2. Graphical AI Platform (with Dr. Ronjon Nag)

  • Artificial Intelligence (AI) principles are now widely used in industry and many disciplines, not just in computer science, but also in physics, engineering and chemistry.

  • Textbooks and courseware are now available explaining AI in easy to understand language. Over time the tools have become easier to use with libraries for Python.

  • Platforms such as Tensorflow and Keras have made it much easier for those who have a python programming background to implement quite advanced AI systems such as convolutional neural networks in just a few lines of code.
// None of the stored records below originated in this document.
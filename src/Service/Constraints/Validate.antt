-- ===== src/Service/Constraints/Validate.antt =====
-- `ValidatePatch`, `validatePatchRecursive` and `getOrCompileSchema`. The compiler and the validator are
-- those of santhosh-tekuri/jsonschema.
pub mod Compiled
pub mod Sound
use Prim.Native.Char.{code}
use Prim.Native.String
use policy_manager.Base.{
  String, Option, none, some, List, [], ◌∷◌, ◌++◌, ◌==◌, eqb, Result, ok, err, ◌>>=◌, map_err,
  if◌then◌else◌,
}
use policy_manager.Base.Dict.{Dict, lookup, insert}
use policy_manager.Base.Text.{sprintf}
use policy_manager.Json.{Value, obj, Object, empty, field}
use policy_manager.Json.Go.{Go}
use policy_manager.Service.Errors.{ConstraintViolation}
use policy_manager.Service.Constraints.Context.{ConstraintContext, text_at}

-- `C` is the type of the compilers, `S` that of the compiled schemas. An operation on a compiler
-- returns the compiler that it leaves.
pub record JsonSchema (F C S : Type 0) : Type 0 where
  pub new_compiler : C
  -- json.Marshal of a schema, then jsonschema.UnmarshalJSON of its bytes
  pub marshal_schema : Object F → Result String String
  pub unmarshal_schema : String → Result String (Value F)
  pub add_resource : String → Value F → C → Result String C
  pub compile : String → C → Result String (S × C)
  -- `none` accepts the value; else the text of the error
  pub validate : S → Value F → Option String

-- `strings.ReplaceAll(s, ".", "_")`
unfoldable pub replace_dots : String → String
replace_dots String.[] = ""
replace_dots (String.◌∷◌ c s) =
    let rest = replace_dots s in
    if eqb (code c) b'.' then String.◌++◌ "_" rest else String.◌∷◌ c rest

abbrev pub uri_of : String → String
uri_of field_path = String.◌++◌ "file:///constraint/" (replace_dots field_path)

-- What one call of `ValidatePatch` has gathered.
pub record Scan (C S : Type 0) : Type 0 where
  pub violations : List ConstraintViolation
  pub compiler : C
  pub compiled : Dict S

abbrev prefixed : {A : Type 0} → String → Result String A → Result String A
prefixed message r = map_err (λ e. sprintf (message ∷ e ∷ [])) r

module _ {F C S : Type 0} (js : JsonSchema F C S) where
  after_compile : C → Result String (S × C) → Result String S × C
  after_compile c (err e) = (err (sprintf ("failed to compile schema: " ∷ e ∷ [])), c)
  after_compile c (ok (s, c')) = (ok s, c')

  after_add : String → C → Result String C → Result String S × C
  unfolding after_compile
  after_add uri c (err e) = (err (sprintf ("failed to add schema resource: " ∷ e ∷ [])), c)
  after_add uri c (ok c') = after_compile c' (js.compile uri c')

  schema_value : Object F → Result String (Value F)
  schema_value schema_map = do
    bytes ← prefixed "failed to marshal schema: " (js.marshal_schema schema_map)
    prefixed "failed to parse schema: " (js.unmarshal_schema bytes)

  compile_value : String → C → Result String (Value F) → Result String S × C
  unfolding after_add
  compile_value field_path c (err e) = (err e, c)
  compile_value field_path c (ok schema) =
      after_add (uri_of field_path) c (js.add_resource (uri_of field_path) schema c)

  store_compiled : String → Scan C S → Result String S × C → Result String S × Scan C S
  store_compiled field_path st (err e, c) = (err e, record st { compiler = c })
  store_compiled field_path st (ok s, c) =
      (ok s, record st { compiler = c; compiled = insert field_path s st.compiled })

  pub get_or_compile : String → Object F → Option S → Scan C S → Result String S × Scan C S
  unfolding store_compiled compile_value schema_value
  get_or_compile field_path schema_map (some s) st = (ok s, st)
  get_or_compile field_path schema_map none st =
      store_compiled field_path st (compile_value field_path st.compiler (schema_value schema_map))

  get_or_compile_schema : String → Object F → Scan C S → Result String S × Scan C S
  unfolding get_or_compile
  get_or_compile_schema field_path schema_map st =
      get_or_compile field_path schema_map (lookup field_path st.compiled) st

  module _ (go : Go F) (c : ConstraintContext F) where
    add_violation : String → String → Scan C S → Scan C S
    add_violation field_path reason st = record st {
      violations =
          st.violations
          ++ record {
            field_path = field_path;
            reason = reason;
            set_by_policy = text_at field_path c.policy_id_by_field_path;
          }
            ∷ [];
    }

    judged : String → Value F → Scan C S → Option String → Scan C S
    unfolding add_violation
    judged field_path value st none = st
    judged field_path value st (some e) =
        add_violation field_path
          (sprintf ("value " ∷ go.sprint value ∷ " violates constraint: " ∷ e ∷ [])) st

    validate_compiled : String → Value F → Result String S × Scan C S → Scan C S
    unfolding add_violation judged
    validate_compiled field_path value (err e, st) = add_violation field_path e st
    validate_compiled field_path value (ok s, st) = judged field_path value st (js.validate s value)

    check_field : String → Value F → Option (Object F) → Scan C S → Scan C S
    unfolding validate_compiled get_or_compile_schema
    check_field field_path value none st = st
    check_field field_path value (some schema_map) st =
        validate_compiled field_path value (get_or_compile_schema field_path schema_map st)

    abbrev join_path : String → String → String
    join_path prefix key = if prefix == "" then key else sprintf (prefix ∷ "." ∷ key ∷ [])

    mutual
      validate_patch_recursive : Object F → String → Scan C S → Scan C S
      validate_patch_recursive empty prefix st = st
      validate_patch_recursive (field key value rest) prefix st =
          let field_path = join_path prefix key in
          validate_patch_recursive rest prefix (
            validate_nested value field_path (
              check_field field_path value (lookup field_path c.constrained_fields_by_field_path)
                st))

      validate_nested : Value F → String → Scan C S → Scan C S
      validate_nested (obj nested_map) field_path st =
          validate_patch_recursive nested_map field_path st
      validate_nested value field_path st = st

    unfoldable pub validate_patch : Object F → List ConstraintViolation
    unfolding validate_patch_recursive check_field
    validate_patch patch =
        (validate_patch_recursive patch ""
          (record { violations = []; compiler = js.new_compiler; compiled = [] })).violations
  • Notwithstanding this, graphical user interface platforms are few and far between, and we are far away from an “Excel for AI”. This project will start to put the framework for such a project to allow users to upload data, clean data and change neural network parameters from a graphical user interface, maybe creating an upgraded form of playground.tensorflow.org.

  • Pre-requisites: a Python programming background.
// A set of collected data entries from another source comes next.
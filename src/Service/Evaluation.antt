-- ===== src/Service/Evaluation.antt =====
-- internal/service/evaluation.go: the evaluation of a request against the enabled policies.
pub mod Request
pub mod Laws
pub mod Failures
pub mod Rejections
pub mod Patches
use policy_manager.Base.{
  ℕ, zero, suc, Bool, true, false, String, Option, none, some, List, [], ◌∷◌, ◌==◌, Result, ok, err,
  ◌>>=◌, map_err, if◌then◌else◌,
}
use policy_manager.Base.Int.{pos}
use policy_manager.Base.Dict.{Dict}
use policy_manager.Base.Text.{sprintf}
use policy_manager.Json.{Value, str, obj, Object, empty, field, put}
use policy_manager.Json.Go.{Go}
use policy_manager.Opa.Decision.{PolicyDecision, EvaluationResult, parse_policy_decision}
use policy_manager.Opa.Engine.{Rego, EmbeddedEngine, engine_error_text}
use policy_manager.Opa.Engine
use policy_manager.Store.Model.{Policy, PolicyListOptions, PolicyListResult}
use policy_manager.Service.Labels.{matches_label_selector}
use policy_manager.Service.Patch.{merge_patch}
use policy_manager.Service.Errors.{
  ServiceError, ConstraintViolation, new_internal_error, new_policy_rejected_error,
  new_constraint_conflict_error, new_constraint_violation_error,
  new_service_provider_constraint_error,
}
use policy_manager.Service.Constraints.Keywords.{ConstraintConflictError}
use policy_manager.Service.Constraints.Context.{
  ConstraintContext, new_constraint_context, merge_constraints, get_constraints_map,
  get_sp_constraints_map,
}
use policy_manager.Service.Constraints.Providers.{merge_sp_constraints, validate_service_provider}
use policy_manager.Service.Constraints.Validate.{JsonSchema, validate_patch}

pub data EvaluationStatus : Type 0 where
  approved modified : EvaluationStatus

pub record EvaluationRequest (F : Type 0) : Type 0 where
  pub service_instance : Object F
  pub request_labels : Dict String

pub record EvaluationResponse (F : Type 0) : Type 0 where
  pub evaluated_service_instance : Object F
  pub selected_provider : String
  pub status : EvaluationStatus

-- The variables of the loop: `currentSpec`, `selectedProvider` and `constraintCtx`.
pub record Progress (F : Type 0) : Type 0 where
  pub current_spec : Object F
  pub selected_provider : String
  pub constraint_ctx : ConstraintContext F

module _ {F C S K Q : Type 0} (go : Go F) (js : JsonSchema F C S) (rego : Rego F K Q)
    (engine : EmbeddedEngine Q) where
  put_present : String → Option (Object F) → Object F → Object F
  put_present k none o = o
  put_present k (some m) o = put k (obj m) o

  pub opa_input : Progress F → Object F
  unfolding put_present
  opa_input st =
      put_present "service_provider_constraints" (get_sp_constraints_map st.constraint_ctx) (
        put_present "constraints" (get_constraints_map st.constraint_ctx)
          (field "spec" (obj st.current_spec) (field "provider" (str st.selected_provider) empty)))

  -- Step 4, the decision's constraints.
  pub merge_decision_constraints :
      String → Option (Object F) → ConstraintContext F → Result ServiceError (ConstraintContext F)
  merge_decision_constraints policy_id none ctx = ok ctx
  merge_decision_constraints policy_id (some constraints) ctx =
      map_err (λ e. new_constraint_conflict_error policy_id e.field_path e.set_by_policy e.reason)
        (merge_constraints go constraints policy_id ctx)

  violated :
      String → List ConstraintViolation → Object F → Object F → Result ServiceError (Object F)
  violated policy_id [] patch spec =
      map_err (λ e. new_internal_error "Failed to merge patch into current spec" e (some e))
        (merge_patch go spec patch)
  violated policy_id (v ∷ vs) patch spec = err (new_constraint_violation_error policy_id (v ∷ vs))

  -- Steps 6 and 7, the decision's patch.
  apply_patch :
      String → Option (Object F) → ConstraintContext F → Object F → Result ServiceError (Object F)
  unfolding violated
  apply_patch policy_id none ctx spec = ok spec
  apply_patch policy_id (some patch) ctx spec =
      violated policy_id (validate_patch js go ctx patch) patch spec

  -- Step 8, the decision's provider.
  select_provider : String → String → ConstraintContext F → String → Result ServiceError String
  select_provider policy_id provider ctx current =
      if provider == ""
      then ok current
      else map_err (new_service_provider_constraint_error policy_id)
          (validate_service_provider go provider ctx)
        >>= λ _. ok provider

  pub decide : String → PolicyDecision F → Progress F → Result ServiceError (Progress F)
  unfolding merge_decision_constraints apply_patch select_provider
  decide policy_id decision st =
      if decision.rejected
      then err (new_policy_rejected_error policy_id decision.rejection_reason)
      else do
        ctx ← merge_decision_constraints policy_id decision.constraints st.constraint_ctx
        ctx' ←
            map_err (new_service_provider_constraint_error policy_id)
              (merge_sp_constraints decision.service_provider_constraints policy_id ctx)
        spec ← apply_patch policy_id decision.patch ctx' st.current_spec
        provider ← select_provider policy_id decision.selected_provider ctx' st.selected_provider
        ok (record { current_spec = spec; selected_provider = provider; constraint_ctx = ctx' })

  -- A policy that is undefined is skipped.
  follow : String → EvaluationResult F → Progress F → Result ServiceError (Progress F)
  unfolding decide
  follow policy_id r st =
      if r.defined then decide policy_id (parse_policy_decision r.result) st else ok st

  unfoldable pub evaluate_policy : Policy → Progress F → Result ServiceError (Progress F)
  unfolding follow opa_input
  evaluate_policy policy st = do
    r ←
        map_err
          (λ e.
            new_internal_error (sprintf ("Failed to evaluate policy '" ∷ policy.id ∷ "'" ∷ []))
              (engine_error_text e) (some (engine_error_text e)))
          (Engine.evaluate_policy rego engine policy.id (opa_input st))
    follow policy.id r st

  -- The loop over one page: a policy whose labels do not match is passed over.
  unfoldable pub evaluate_page :
      Dict String → List Policy → Progress F → Result ServiceError (Progress F)
  evaluate_page labels [] st = ok st
  evaluate_page labels (policy ∷ policies) st =
      (if matches_label_selector policy.label_selector labels
        then evaluate_policy policy st
        else ok st)
      >>= λ st'. evaluate_page labels policies st'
3. Stock Market Prediction (with Dr. Ronjon Nag)

  • Predicting the stock market has been the holy grail for financiers. There have been many mathematical models.

  • Most often, however, these models rely on their own past data. We will be taking signals from a model that does not use past data and attempt to get a model that takes an ensemble of predictive signals to find the best model for the trading system.

  • We will be working with signals from Algodynamix.com. Pre-requisites: knowledge or willingness to learn, a statistical programming language. And/or user interface programming.

4. Making AI Easier to Explain: Creation of AI examples for Use in Teaching (with Dr. Ronjon Nag)

  • This project will involve creating sample code in python on the google colab platform. The projects will take a problem, and have code that can upload a dataset, and allow users to change parameters in various kinds of neural networks, using the Keras platform.

  • Pre-requisites: Python.

5. MemLove - Mental Health App for Grievers (with Praveena Dhanalakota)

  • MemLove is a uniquely personalized proactive mental health app for grievers, especially now due to COVID-19 impact, to cope faster and healthier by emulating the voice of loved ones. MemLove's mission is to recreate and keep memories of loved ones alive through artificial intelligence.

  • We hypothesize that the application of psychology models such as Continuing Bonds can impact ~100M people yearly in the US and defined social benefit capabilities. We are in the phase of system and services design to devise a framework that provides suitable and sustainable ways to build and deliver the services to users.

  • Some of the technology areas we are focusing on are:

    • Speaker diarization

    • Voice emulation

    • Speech emotion recognition

    • Knowledge graph for predicting possible conversations

  • Student Goals:

    • Experiment on speech sentiment analysis

    • To analyze voice data to understand emotion and sentiment.

    • Experiment on the knowledge graph

    • Recreate mannerisms based on past conversation data available. This will enable to frame interactive and therapeutic responses

    • Author a blog post for experiments

  • Pre-requisites: Programming experience (minimum 1-2 years)

6. SuperBio: Creating a No-code Computational Biology Platform  (with Berke Buyukkucak)

  • Summary: Predicting protein folding is the holy grail of biology and there has been great strides made in this field, thanks to machine learning. Fellows that participate in this project will decipher, understand and try to improve the AlphaFold code that was implemented and then made public by DeepMind, Google's AI company. 

  • Motivation: Protein folding prediction knowledge and skill can be translated into machine learning driven drug discovery research, which is a growing and forceful field that shows the potential to revolutionize both pharmaceutical and medical research. 

  • Challenges: Difficult concept to understand and implement, terminology based knowledge.

  • Impact: Learn about a unique field that's developing, get students educated and knowledgeable. Pre-requisites: user interface programming, machine learning.